» **PROBLEM TO SOLVE**:
Scan the records beneath this line for the line holding "let rest = write_key" and the line holding "unfoldable pub sys_clear_key : Keys → Keys", then transcribe exactly those two and all lines between.

» **PROVIDED INFORMATION**:
▬▬▬▬▬▬▬▬▬▬

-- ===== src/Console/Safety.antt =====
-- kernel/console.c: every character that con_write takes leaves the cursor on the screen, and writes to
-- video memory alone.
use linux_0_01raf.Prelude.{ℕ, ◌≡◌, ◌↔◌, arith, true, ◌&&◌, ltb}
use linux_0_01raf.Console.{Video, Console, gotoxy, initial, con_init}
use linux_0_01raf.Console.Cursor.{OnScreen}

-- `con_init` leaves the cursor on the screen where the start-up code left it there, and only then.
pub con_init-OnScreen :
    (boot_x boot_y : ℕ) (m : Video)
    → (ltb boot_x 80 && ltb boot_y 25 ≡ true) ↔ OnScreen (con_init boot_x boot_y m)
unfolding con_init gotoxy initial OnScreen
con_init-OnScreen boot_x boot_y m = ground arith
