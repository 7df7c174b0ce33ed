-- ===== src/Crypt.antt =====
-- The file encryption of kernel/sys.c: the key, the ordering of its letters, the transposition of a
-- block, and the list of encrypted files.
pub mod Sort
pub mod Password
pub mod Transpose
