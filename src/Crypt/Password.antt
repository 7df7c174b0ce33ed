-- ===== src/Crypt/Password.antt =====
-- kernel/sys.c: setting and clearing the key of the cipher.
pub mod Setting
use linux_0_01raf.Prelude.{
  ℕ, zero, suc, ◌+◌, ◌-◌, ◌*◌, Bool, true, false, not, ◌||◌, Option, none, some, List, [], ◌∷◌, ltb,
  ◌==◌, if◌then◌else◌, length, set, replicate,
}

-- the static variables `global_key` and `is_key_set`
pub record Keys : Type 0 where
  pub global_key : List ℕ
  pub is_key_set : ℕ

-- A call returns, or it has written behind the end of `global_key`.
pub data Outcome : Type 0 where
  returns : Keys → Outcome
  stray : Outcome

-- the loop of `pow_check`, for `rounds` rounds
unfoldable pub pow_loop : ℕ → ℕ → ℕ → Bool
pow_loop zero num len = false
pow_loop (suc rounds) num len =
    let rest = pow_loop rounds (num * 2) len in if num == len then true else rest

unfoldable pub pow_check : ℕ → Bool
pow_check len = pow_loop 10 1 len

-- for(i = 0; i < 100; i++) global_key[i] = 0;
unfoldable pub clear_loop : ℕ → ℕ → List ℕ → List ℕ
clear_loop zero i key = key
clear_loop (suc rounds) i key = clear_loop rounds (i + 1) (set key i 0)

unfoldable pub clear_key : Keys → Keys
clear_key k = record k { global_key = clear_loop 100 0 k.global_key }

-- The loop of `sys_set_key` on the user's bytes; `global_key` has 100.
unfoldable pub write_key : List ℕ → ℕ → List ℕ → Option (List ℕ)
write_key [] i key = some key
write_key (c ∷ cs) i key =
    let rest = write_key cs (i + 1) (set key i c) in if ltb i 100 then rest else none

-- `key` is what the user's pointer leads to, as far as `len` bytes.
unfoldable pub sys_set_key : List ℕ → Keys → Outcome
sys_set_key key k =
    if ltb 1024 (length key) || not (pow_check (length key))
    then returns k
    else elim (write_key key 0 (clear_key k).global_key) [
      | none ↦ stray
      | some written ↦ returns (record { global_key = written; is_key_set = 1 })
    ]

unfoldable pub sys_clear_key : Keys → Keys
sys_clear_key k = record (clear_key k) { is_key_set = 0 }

▬▬▬▬▬▬▬▬▬▬

» **EXERCISE SOLUTION**:
    let rest = write_key cs (i + 1) (set key i c) in if ltb i 100 then rest else none

-- `key` is what the user's pointer leads to, as far as `len` bytes.
unfoldable pub sys_set_key : List ℕ → Keys → Outcome
sys_set_key key k =
    if ltb 1024 (length key) || not (pow_check (length key))
    then returns k
    else elim (write_key key 0 (clear_key k).global_key) [
      | none ↦ stray
      | some written ↦ returns (record { global_key = written; is_key_set = 1 })
    ]

unfoldable pub sys_clear_key : Keys → Keys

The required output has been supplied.